- _TRY IT_: Locate and copy each line in the data that contains the word "antt".

(Collected data entries)

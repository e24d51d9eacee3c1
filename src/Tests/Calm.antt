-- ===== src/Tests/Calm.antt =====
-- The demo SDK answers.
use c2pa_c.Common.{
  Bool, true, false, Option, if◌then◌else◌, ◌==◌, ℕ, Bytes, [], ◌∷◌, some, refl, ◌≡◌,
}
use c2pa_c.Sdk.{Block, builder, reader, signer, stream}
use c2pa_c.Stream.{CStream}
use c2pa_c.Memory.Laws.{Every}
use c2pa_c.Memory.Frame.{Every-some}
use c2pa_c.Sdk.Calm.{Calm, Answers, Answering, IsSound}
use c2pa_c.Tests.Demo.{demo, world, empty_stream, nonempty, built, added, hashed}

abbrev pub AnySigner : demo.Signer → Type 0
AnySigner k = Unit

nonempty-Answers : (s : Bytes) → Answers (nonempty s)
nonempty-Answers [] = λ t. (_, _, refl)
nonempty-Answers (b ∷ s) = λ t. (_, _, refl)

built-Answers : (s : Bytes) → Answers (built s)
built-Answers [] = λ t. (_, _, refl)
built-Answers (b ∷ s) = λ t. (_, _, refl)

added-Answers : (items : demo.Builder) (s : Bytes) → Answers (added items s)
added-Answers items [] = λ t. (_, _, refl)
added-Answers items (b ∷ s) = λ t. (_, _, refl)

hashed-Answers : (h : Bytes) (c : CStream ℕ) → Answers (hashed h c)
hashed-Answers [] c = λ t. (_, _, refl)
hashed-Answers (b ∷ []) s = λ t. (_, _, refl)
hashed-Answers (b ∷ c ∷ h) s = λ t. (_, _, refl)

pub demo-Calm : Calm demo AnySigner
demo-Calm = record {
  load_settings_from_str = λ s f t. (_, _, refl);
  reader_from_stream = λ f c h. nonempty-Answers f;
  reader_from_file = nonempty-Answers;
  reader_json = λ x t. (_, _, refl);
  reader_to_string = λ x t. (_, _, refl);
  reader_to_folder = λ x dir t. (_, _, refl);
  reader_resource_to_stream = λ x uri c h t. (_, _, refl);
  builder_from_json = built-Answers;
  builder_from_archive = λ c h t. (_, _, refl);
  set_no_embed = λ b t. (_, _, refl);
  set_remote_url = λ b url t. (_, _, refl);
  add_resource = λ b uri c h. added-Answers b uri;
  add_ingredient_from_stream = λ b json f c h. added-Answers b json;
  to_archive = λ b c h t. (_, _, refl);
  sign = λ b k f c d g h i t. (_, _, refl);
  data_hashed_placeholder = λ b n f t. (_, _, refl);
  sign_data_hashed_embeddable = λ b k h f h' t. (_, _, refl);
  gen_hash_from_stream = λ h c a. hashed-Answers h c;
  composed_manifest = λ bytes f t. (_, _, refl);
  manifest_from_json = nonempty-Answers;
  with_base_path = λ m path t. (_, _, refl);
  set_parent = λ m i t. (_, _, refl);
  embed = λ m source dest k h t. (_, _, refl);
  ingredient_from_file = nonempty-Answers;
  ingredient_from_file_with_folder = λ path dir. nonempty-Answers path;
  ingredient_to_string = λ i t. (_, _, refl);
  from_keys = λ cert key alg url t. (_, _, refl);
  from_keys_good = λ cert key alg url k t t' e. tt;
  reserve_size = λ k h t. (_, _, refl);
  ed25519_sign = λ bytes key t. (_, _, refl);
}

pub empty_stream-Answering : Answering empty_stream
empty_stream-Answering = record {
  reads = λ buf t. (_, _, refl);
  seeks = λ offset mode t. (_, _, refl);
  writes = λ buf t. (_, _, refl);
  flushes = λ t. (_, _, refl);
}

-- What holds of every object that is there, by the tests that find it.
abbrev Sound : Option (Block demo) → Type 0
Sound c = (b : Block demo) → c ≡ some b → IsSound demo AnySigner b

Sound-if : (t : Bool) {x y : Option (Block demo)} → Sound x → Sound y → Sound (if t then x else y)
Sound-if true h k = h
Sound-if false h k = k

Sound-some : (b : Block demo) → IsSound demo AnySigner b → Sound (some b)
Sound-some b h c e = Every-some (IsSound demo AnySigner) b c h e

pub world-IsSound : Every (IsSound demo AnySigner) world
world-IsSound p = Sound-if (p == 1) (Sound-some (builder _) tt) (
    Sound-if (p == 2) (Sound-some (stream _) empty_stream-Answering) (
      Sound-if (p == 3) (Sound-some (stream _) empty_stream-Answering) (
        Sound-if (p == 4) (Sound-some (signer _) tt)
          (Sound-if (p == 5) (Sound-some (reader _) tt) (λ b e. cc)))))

...

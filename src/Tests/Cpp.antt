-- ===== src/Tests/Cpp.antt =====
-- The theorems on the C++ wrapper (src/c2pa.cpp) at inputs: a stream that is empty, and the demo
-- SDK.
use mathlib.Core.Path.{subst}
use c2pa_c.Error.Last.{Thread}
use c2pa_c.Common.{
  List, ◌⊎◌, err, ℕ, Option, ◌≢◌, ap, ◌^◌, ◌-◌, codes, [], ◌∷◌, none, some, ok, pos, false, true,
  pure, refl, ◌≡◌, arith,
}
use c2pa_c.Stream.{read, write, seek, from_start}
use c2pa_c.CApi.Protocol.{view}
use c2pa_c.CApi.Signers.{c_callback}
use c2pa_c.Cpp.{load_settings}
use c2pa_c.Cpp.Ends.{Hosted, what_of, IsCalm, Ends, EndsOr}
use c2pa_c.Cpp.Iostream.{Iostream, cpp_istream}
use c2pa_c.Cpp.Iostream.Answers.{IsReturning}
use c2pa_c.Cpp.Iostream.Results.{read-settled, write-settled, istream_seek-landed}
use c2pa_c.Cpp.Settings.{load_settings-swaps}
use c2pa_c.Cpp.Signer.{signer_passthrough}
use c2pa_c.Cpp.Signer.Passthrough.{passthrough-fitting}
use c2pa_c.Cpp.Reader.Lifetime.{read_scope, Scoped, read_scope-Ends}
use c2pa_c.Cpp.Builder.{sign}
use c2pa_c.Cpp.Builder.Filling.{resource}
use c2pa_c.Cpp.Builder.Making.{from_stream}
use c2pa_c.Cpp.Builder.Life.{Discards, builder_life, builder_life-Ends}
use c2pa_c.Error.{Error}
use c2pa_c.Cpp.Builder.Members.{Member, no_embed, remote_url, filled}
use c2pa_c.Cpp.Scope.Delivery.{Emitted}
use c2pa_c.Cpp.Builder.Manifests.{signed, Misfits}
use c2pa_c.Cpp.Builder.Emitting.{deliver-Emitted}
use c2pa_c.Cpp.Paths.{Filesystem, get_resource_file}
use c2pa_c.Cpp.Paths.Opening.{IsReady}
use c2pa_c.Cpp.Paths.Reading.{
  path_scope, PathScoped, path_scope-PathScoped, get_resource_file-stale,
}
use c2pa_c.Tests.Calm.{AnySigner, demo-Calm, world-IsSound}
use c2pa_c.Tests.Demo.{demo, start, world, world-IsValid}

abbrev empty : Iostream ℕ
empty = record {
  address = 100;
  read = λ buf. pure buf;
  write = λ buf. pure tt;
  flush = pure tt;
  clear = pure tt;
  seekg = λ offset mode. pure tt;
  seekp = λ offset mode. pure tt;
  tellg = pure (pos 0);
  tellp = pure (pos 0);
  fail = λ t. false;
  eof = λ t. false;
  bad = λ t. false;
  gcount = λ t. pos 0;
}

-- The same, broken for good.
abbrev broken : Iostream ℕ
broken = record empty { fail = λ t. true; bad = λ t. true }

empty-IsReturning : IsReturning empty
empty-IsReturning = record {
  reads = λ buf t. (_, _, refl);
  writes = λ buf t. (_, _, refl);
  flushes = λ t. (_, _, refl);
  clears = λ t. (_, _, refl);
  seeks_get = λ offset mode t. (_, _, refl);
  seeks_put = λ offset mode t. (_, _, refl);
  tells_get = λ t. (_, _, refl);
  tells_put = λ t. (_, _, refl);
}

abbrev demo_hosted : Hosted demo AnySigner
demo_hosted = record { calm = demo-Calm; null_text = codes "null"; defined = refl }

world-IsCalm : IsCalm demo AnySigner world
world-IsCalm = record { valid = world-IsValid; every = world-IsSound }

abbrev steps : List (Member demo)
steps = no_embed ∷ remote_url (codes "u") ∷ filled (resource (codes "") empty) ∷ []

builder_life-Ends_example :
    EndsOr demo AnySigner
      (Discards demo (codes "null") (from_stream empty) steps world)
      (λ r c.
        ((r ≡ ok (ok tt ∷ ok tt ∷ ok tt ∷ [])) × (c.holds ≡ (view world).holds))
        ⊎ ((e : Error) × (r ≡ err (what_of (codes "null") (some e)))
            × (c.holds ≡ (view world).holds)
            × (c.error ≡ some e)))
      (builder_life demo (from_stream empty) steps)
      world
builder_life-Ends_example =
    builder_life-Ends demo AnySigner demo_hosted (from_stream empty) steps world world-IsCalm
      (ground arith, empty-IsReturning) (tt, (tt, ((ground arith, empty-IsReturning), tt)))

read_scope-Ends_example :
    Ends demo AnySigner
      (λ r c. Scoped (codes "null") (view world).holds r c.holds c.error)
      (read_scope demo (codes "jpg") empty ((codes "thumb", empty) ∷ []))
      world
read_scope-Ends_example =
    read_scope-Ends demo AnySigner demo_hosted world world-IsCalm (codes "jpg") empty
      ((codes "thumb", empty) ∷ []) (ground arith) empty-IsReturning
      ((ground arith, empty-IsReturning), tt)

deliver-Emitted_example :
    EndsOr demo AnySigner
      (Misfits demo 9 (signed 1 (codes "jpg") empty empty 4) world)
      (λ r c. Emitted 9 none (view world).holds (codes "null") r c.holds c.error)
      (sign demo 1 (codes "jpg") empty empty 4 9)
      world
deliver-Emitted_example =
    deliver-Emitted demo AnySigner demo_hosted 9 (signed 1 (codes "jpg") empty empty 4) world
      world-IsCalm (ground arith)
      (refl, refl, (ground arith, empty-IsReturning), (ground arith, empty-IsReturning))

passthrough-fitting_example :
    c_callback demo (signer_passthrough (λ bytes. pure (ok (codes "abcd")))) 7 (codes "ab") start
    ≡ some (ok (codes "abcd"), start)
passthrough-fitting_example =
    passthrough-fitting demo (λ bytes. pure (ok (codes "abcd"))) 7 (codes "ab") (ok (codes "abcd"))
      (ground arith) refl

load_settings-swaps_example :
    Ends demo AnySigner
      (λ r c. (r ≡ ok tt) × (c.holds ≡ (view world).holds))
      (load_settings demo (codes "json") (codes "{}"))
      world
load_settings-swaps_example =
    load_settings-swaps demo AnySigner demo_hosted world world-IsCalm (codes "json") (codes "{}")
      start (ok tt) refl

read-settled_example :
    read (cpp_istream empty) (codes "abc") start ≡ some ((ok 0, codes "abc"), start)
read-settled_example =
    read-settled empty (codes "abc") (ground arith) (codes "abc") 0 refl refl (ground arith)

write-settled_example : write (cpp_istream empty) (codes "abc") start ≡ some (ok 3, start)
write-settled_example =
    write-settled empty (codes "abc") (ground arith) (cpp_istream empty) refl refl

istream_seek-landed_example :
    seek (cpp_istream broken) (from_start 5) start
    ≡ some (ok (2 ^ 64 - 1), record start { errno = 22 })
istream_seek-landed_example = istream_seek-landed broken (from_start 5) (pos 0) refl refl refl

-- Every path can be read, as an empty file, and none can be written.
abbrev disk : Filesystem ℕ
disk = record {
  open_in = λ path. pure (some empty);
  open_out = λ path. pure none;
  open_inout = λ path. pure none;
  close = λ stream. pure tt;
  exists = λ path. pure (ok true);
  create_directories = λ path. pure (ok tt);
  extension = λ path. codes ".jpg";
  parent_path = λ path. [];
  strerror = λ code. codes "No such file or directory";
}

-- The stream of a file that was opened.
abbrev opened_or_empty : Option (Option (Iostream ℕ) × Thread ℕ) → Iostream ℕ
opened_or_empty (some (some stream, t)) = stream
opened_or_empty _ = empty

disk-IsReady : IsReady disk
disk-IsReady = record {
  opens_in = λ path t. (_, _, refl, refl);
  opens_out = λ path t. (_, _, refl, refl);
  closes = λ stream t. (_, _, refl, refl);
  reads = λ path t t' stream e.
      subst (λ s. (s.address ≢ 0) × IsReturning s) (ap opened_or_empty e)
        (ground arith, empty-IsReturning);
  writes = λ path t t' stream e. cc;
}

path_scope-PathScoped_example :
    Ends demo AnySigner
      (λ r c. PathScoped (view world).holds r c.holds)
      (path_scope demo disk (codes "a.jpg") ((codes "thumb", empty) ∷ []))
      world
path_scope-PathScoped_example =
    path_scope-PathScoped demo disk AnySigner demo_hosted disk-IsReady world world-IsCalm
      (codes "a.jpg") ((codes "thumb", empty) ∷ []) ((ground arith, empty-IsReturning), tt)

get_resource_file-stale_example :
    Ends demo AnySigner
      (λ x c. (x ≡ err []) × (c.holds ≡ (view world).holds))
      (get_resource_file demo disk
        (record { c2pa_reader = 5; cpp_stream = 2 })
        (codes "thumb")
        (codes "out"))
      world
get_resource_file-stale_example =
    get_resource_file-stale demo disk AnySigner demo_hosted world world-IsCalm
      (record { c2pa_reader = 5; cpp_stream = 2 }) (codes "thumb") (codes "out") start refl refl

- _TASK SOLUTION_:
filename src/Tests/Calm.antt
-- ===== src/Tests/Calm.antt =====
filename src/Tests/Cpp.antt
-- ===== src/Tests/Cpp.antt =====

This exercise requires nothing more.